Japan’s Financial Services Agency is reportedly taking steps to update the country’s cryptocurrency regulations in a bid to combat the rise of speculative crypto investments in Japan.

The Need for Improved Cryptocurrency Regulations

The Japanese Financial Services Agency (FSA) is looking to improve its regulations on cryptocurrencies in the wake of speculative investments. The country’s regulatory body revised the Payment Services Act in April 2017 in an effort to protect crypto users. The act introduced a registration system for dealers who exchanged digital coins with yen and other fiat currency.

What the Japanese regulatory body didn’t foresee, however, was the increase in speculative investment in cryptocurrencies. This astronomical increase is due to the sharp rises in the value of digital currencies. In addition to this, digital currencies were weaving their way into corporate fundraising. With this new development, the regulatory body has decided to create new regulations that will adequately respond to the situation.

According to an exchange official:

“The rapid growth of investments in cryptocurrencies can be attributed to an expansion of margin trading, in which investors with little capital could earn huge profits, or sustain massive losses, by borrowing money.
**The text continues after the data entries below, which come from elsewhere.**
-- ===== src/Indexer/Backfill.antt =====
-- src/services/Soroban/BackfillService.ts, with `fetchAllInRange` of
-- src/services/Soroban/SorobanEventReader.ts, whose callback it gives. Ledgers start at 1, so that
-- `from - 1` is not negative.
pub mod Range
use audio_block_backend.Base.{
  ℕ, zero, suc, ◌+◌, ◌-◌, max, Bool, true, false, ◌||◌, Option, none, some, List, [], ◌∷◌, String,
  ltb, leb, if◌then◌else◌,
}
use audio_block_backend.Indexer.Events.{InsertIndexedEvent, Store, Save, upsert_event}
use audio_block_backend.Indexer.Cursors.{
  IndexerCursor, get_cursor, record_progress, BackfillStatus, is_backfill_completed,
  update_backfill_progress, complete_backfill,
}
use audio_block_backend.Indexer.Reader.{ContractEvent, EventsPage, EventReaderServer, fetch_events}

-- The options of a run, its decoder, and the database's answers to the saves.
pub record Options : Type 0 where
  pub contract_id : String
  pub network : String
  pub start_ledger : ℕ
  pub end_ledger : ℕ
  pub batch_size : ℕ
  pub decode : ContractEvent → Option InsertIndexedEvent
  pub db : ℕ → Save
  pub now : ℕ

-- The tables, and the state of the run.
pub record State : Type 0 where
  pub store : Store
  pub cursors : List IndexerCursor
  pub backfills : List BackfillStatus
  pub imported : ℕ
  pub current_ledger : ℕ

pub data Outcome : Type 0 where
  finished threw : State → Outcome
  unfinished : Outcome

module _ (server : EventReaderServer) (o : Options) where
  -- The events that are decoded are saved, and those saved are counted; an error is passed over.
  unfoldable pub import_events : List ContractEvent → Store → ℕ × Store
  import_events [] st = (0, st)
  import_events (ev ∷ events) st = elim (o.decode ev) [
    | none ↦ import_events events st
    | some dto ↦
        let (row, st') = upsert_event o.db o.now dto st in
        let (n, st'') = import_events events st' in (elim row [ none ↦ n | some r ↦ suc n ], st'')
  ]

  unfoldable pub highest : ℕ → List ContractEvent → ℕ
  highest top [] = top
  highest top (ev ∷ events) = highest (max top ev.ledger) events

  unfoldable pub process_batch : EventsPage → ℕ → State → State
  unfolding import_events highest
  process_batch page next_start s =
      let (n, store) = import_events page.events s.store in
      let current = max s.current_ledger (highest s.current_ledger page.events) in
      record {
        store = store;
        cursors =
            record_progress o.contract_id o.network (max current (next_start - 1)) n none s.cursors;
        backfills = update_backfill_progress o.contract_id o.network (s.imported + n) s.backfills;
        imported = s.imported + n;
        current_ledger = current;
      }

  unfoldable pub next_from : ℕ → EventsPage → ℕ
  unfolding highest
  next_from from page =
      let top = highest (from - 1) page.events in
      if leb from top then top + 1 else from + o.batch_size

  -- The number of pages in a row that brought no new ledger.
  unfoldable pub next_stale : ℕ → ℕ → EventsPage → ℕ
  unfolding highest
  next_stale from stale page = if ltb (highest (from - 1) page.events) from then stale + 1 else 0

  unfoldable pub stops : ℕ → ℕ → EventsPage → Bool
  unfolding next_from next_stale
  stops from stale page =
      leb 3 (next_stale from stale page) || ltb o.end_ledger (next_from from page)

  unfoldable pub fetch_range : ℕ → Option EventsPage
  fetch_range from =
      fetch_events server (o.contract_id ∷ []) none (some from) (some o.end_ledger)
        (some o.batch_size)

  unfoldable pub fetch_all_in_range : ℕ → ℕ → ℕ → State → Outcome
  unfolding fetch_range process_batch next_from next_stale stops
  fetch_all_in_range zero from stale s = unfinished
  fetch_all_in_range (suc fuel) from stale s = elim (ltb o.end_ledger from) [
    | true ↦ finished s
    | false ↦ elim (fetch_range from) [
      | none ↦ threw s
      | some page ↦
          let s' = process_batch page (next_from from page) s in
          elim (stops from stale page) [
            | true ↦ finished s'
            | false ↦ fetch_all_in_range fuel (next_from from page) (next_stale from stale page) s'
          ]
    ]
  ]

  unfoldable pub finalize : Outcome → Outcome
  finalize (finished s) =
      finished (record s { backfills = complete_backfill o.contract_id o.network s.backfills })
  finalize (threw s) = threw s
  finalize unfinished = unfinished

  unfoldable pub run_from : ℕ → ℕ → State → Outcome
  unfolding fetch_all_in_range finalize
  run_from fuel from s =
      finalize
        (fetch_all_in_range fuel from 0 (record s { imported = 0; current_ledger = from - 1 }))

  unfoldable pub run : ℕ → State → Outcome
  unfolding run_from
  run fuel s =
      let (cursor, cursors) = get_cursor o.contract_id o.network s.cursors in
      let resumed =
        run_from fuel (max o.start_ledger (cursor.last_processed_ledger + 1))
          (record s { cursors = cursors }) in
      if is_backfill_completed o.contract_id o.network s.backfills then threw s else resumed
While foreign exchange margin trading has a 25 times leverage limit, the absence of such a cap on cryptocurrency margin trading makes it possible for investors to experience wild financial swings.”

In April 2018, a panel of experts was set up by the Japanese watchdog agency to address the speculative investment situation. This panel is intended to discuss ways to close the gaps between regulations and actual practice for cryptocurrencies.

The panel’s recommended regulatory actions have not yet been made public.

FSA and the Japanese Cryptocurrency Market

In January 2018, Japanese cryptocurrency exchange platform, Coincheck, lost $543 million worth of cryptocurrency to hackers. In the aftermath of the Coincheck hack, the FSA has enacted strict know your customer (KYC), anti-money laundering (AML), and several other security protocols. The FSA has also instructed these exchanges to cease offering anonymous trading accounts.

The FSA put in force the original Payment Services Act in 2010, by focusing its regulatory regime on electronic settlements. The Payment Services Act deals with integrated circuit cards provided by transport service operators. The legal revision in 2017 was aimed at preparing for the steep increase in online payments through virtual currencies. This was in response to the concerns that regulations governing financial sectors like banks and brokerage houses, may be irrelevant.

Commenting on the matter, a senior FSA official said:

“The agency devised the minimum necessary legal framework in order to prevent a situation in which there is no law governing (cryptocurrencies) when they come into wide use.”